I immediately ran into trouble when I attempted to explain that I could not predict, with certainty, exactly how much time off I would need, or precisely when I would need it. My mother's status was in flux. She had her bad days, and her not quite as bad days. I was one of several hundred CSRs who were on duty at any one time, yet I suddenly, magically, became irreplaceably invaluable to them. It all proved to be a moot point when it was determined that in my part-time status I'd not worked the requisite number of hours the previous year to qualify under the FMLA.
My other employer, however, had always been remarkably flexible and willing to accommodate me when I'd had to take my folks to doctor's appointments, or tend to them in other ways. I was one of only a handful of drivers on duty at any one time, and I always endeavored and usually managed to provide as much advance notice as possible, but my boss never hesitated, upon receiving a last-minute call from me, to say "We'll find somebody to cover you."
I spoke with this employer, and learned that additional hours were available for me. I quit my job with the utility, surrendering the wonderful health insurance (a story for another time,) and adopted a schedule that allowed me to continue living in my apartment while tending to my mother throughout the day. But the hit to my pocketbook was significant, and finances became a struggle.
I mentioned in my first diary that my mother was the most resilient person I'd ever met, and as time passed she proved herself to be yet again. She took well to using the walker. I built a slightly elevated platform for her recliner to make ingress and egress easier for her and installed elevated toilet seats and grab bars in the bathrooms. Fortunately the house is a ranch, with no stairs to navigate.
I signed my mother up for one of those bracelets a person can use to summon help if no one is around, and had a phone company tech come out to run a line so the base station could be placed in the best spot in the house.
The wonderful cardiologist confirmed that angina and indigestion often presented with identical symptoms, that nitroglycerine could indeed cause her to burp, and that if it was indigestion causing her discomfort no harm would come from being on the safe side and giving it to her. Over a number of weeks the mystery chest pains lessened in frequency, then stopped. She began to gain weight, to resume reading the newspaper everyday and then a book from the library every week.
I signed my mother up through the county's senior services department for Meals on Wheels. Thank-you Ted Kennedy. I learned from the same department that the county would pick up the cost of the monthly alert bracelet subscription.
Before very long I'd arrive at my mother's in the morning to find her already up and dressed, the house full of the aroma from the beloved, decades old, stove-top dripilator. I'd stay with her until I had to leave for work, then keep in touch via my cellphone. It became more and more common to arrive to prepare my Mom's dinner, the Meals on Wheels, only to find her seated at the table, microwaved meal already in front of her, glass of Rhine wine to the side.

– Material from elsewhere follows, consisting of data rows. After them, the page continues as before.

-- ===== src/Backend/WorkerToken/Issue.antt =====
-- Who gets a token: the item of the settings that counts, and what the token says.
use manifeed.Common.{
  end_of_time, ℕ, ◌+◌, ◌≤◌, ◌≡◌, refl, sym, ap, ◌∙◌, Bool, true, false, Option, none, some, List,
  [], ◌∷◌, String, Instant, seconds, epoch, ltb, ℤ, pos, negsuc, parse_int, ◌⊎◌, inl, inr, arith,
  str_eq, eq_iff, eq_refl, coalesce, if◌then◌else◌, if-cases, Outcome, ok, err, Error,
}
use manifeed.Backend.WorkerToken.{
  Settings, WorkerTokenRequest, Claims, WorkerTokenRead, Credentials, get, set, read_credential,
  keep_credential, collect_credentials, resolve_worker_credentials, resolve_token_ttl_seconds,
  timestamp, has_secret, getenv, ttl_of, issue_worker_access_token,
}

-- The secret that an item gives a worker.
abbrev pub secret_in : String → Option (String × String) → Option String
secret_in k none = none
secret_in k (some (a, v)) = if str_eq a k then some v else none

-- The secret of the last item that names the worker.
abbrev pub last_secret : String → List String → Option String
last_secret k [] = none
last_secret k (c ∷ cs) = coalesce (last_secret k cs) (secret_in k (read_credential c))

coalesce_assoc : (a b c : Option String) → coalesce a (coalesce b c) ≡ coalesce (coalesce a b) c
coalesce_assoc none b c = refl
coalesce_assoc (some a) b c = refl

coalesce-none : (a : Option String) → coalesce a none ≡ a
coalesce-none none = refl
coalesce-none (some a) = refl

same_name : (a k n : String) → str_eq a k ≡ true → str_eq a n ≡ str_eq k n
same_name a k n h = ap (λ x. str_eq x n) ((eq_iff a k).0 h)

both_names : (a k n : String) → str_eq a n ≡ true → str_eq k n ≡ true → str_eq a k ≡ true
both_names a k n h l = (eq_iff a k).1 ((eq_iff a n).0 h ∙ sym ((eq_iff k n).0 l))

get-set :
    (n k v : String) (d : Credentials)
    → get n (set k v d) ≡ (if str_eq k n then some v else get n d)
unfolding get set
get-set n k v [] = refl
get-set n k v ((a, w) ∷ d) = ground (arith, same_name a k n, both_names a k n, get-set n k v d)

kept :
    (b : Bool) (v : String) (o : Option String)
    → (if b then some v else o) ≡ coalesce (if b then some v else none) o
kept true v o = refl
kept false v o = refl

get-keep :
    (n : String) (o : Option (String × String)) (d : Credentials)
    → get n (keep_credential o d) ≡ coalesce (secret_in n o) (get n d)
get-keep n none d = refl
get-keep n (some (k, v)) d = get-set n k v d ∙ kept (str_eq k n) v (get n d)

get-collect :
    (n : String) (cs : List String) (d : Credentials)
    → get n (collect_credentials cs d) ≡ coalesce (last_secret n cs) (get n d)
unfolding collect_credentials
get-collect n [] d = refl
get-collect n (c ∷ cs) d =
    get-collect n cs (keep_credential (read_credential c) d)
    ∙ ap (coalesce (last_secret n cs)) (get-keep n (read_credential c) d)
    ∙ coalesce_assoc (last_secret n cs) (secret_in n (read_credential c)) (get n d)

get-nil : (n : String) → get n [] ≡ none
unfolding get
get-nil n = refl

-- Of the items of the setting the last one that names a worker gives its secret.
pub collect_credentials-last :
    (worker_id : String) (chunks : List String)
    → get worker_id (collect_credentials chunks []) ≡ last_secret worker_id chunks
collect_credentials-last worker_id chunks =
    get-collect worker_id chunks []
    ∙ ap (coalesce (last_secret worker_id chunks)) (get-nil worker_id)
    ∙ coalesce-none (last_secret worker_id chunks)

ttl_of-min : (o : Option ℤ) → 60 ≤ ttl_of o
ttl_of-min none = omega arith
ttl_of-min (some (pos n)) = omega arith
ttl_of-min (some (negsuc n)) = omega arith

ttl-min : (env : Settings) → 60 ≤ resolve_token_ttl_seconds env
unfolding resolve_token_ttl_seconds
ttl-min env = ttl_of-min (parse_int (getenv env.worker_token_ttl_seconds "3600"))

-- What a token that was issued says.
pub record Issued (env : Settings) (now : Instant) (p : WorkerTokenRequest) (claims : Claims)
    (read : WorkerTokenRead) : Type 0 where
  pub known : get p.worker_id (resolve_worker_credentials env) ≡ some p.worker_secret
  pub sub : claims.sub ≡ p.worker_id
  pub lasts : claims.iat + 60 ≤ claims.exp
  pub same_end : claims.exp ≡ timestamp read.expires_at

has_secret-some : (o : Option String) (s : String) → has_secret o s ≡ true → o ≡ some s
has_secret-some none s h = cc
has_secret-some (some e) s h = ap some ((eq_iff e s).0 h)

later : (now ttl : ℕ) → epoch ≤ now → 60 ≤ ttl → timestamp now + 60 ≤ timestamp (now + seconds ttl)
later now ttl h k = omega arith

not_has_secret : (o : Option String) (s : String) → has_secret o s ≡ false → ¬ (o ≡ some s)
not_has_secret none s h e = cc
not_has_secret (some x) s h e = cc (h, e, eq_refl s)

-- What a request for a token comes to.
abbrev pub Answers :
    Settings → Instant → WorkerTokenRequest → Outcome (Claims × WorkerTokenRead) → Type 0
Answers env now p (ok (claims, read)) = Issued env now p claims read
Answers env now p (err e) =
    ((e ≡ Error.http_exception 401)
      × (¬ (get p.worker_id (resolve_worker_credentials env) ≡ some p.worker_secret)))
    ⊎ ((e ≡ Error.overflow_error) × (end_of_time ≤ now + seconds (resolve_token_ttl_seconds env)))

-- At a time behind 1970 a token is issued only to a worker that shows the secret which the settings
-- have for it; the claims name that worker and last for at least a minute, and the answer says when
-- they end. A request is refused only where the secret is another one, and fails otherwise only
-- where the token would end behind the year 9999.
pub issue_worker_access_token-Answers :
    (encode : Claims → String → String) (env : Settings) (now : Instant) (p : WorkerTokenRequest)
    → epoch ≤ now
    → Answers env now p (issue_worker_access_token encode env now p)
unfolding issue_worker_access_token
issue_worker_access_token-Answers encode env now p h =
    let found = get p.worker_id (resolve_worker_credentials env) in
    let ends = now + seconds (resolve_token_ttl_seconds env) in
    if-cases (Answers env now p) (has_secret found p.worker_secret) _ _
      (λ known.
        if-cases (Answers env now p) (ltb ends end_of_time) _ _
          (λ _. record {
            known = has_secret-some found p.worker_secret known;
            sub = refl;
            lasts = later now (resolve_token_ttl_seconds env) h (ttl-min env);
            same_end = refl;
          })
          (λ long. inr (refl, ground (arith, long))))
      (λ unknown. inl (refl, not_has_secret found p.worker_secret unknown))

In hindsight, we were taking foolish chances back then. My mother would get up several times during the night to go to the bathroom, using the walker, but without her brace and shoes. She never fell, but how we dodged that bullet I'll never know. There's no dry run for this sort of thing, no rehearsal. You make it up as you go along, and hope your mistakes don't bite too hard.
A year later, now weighing in at around 130 lbs., my mother celebrated her 90th birthday at her favorite restaurant with her two daughters, her son, and her three grandchildren in attendance.
It was, it would turn out, the best period my Mom would experience after my Dad's death. But it was not to last.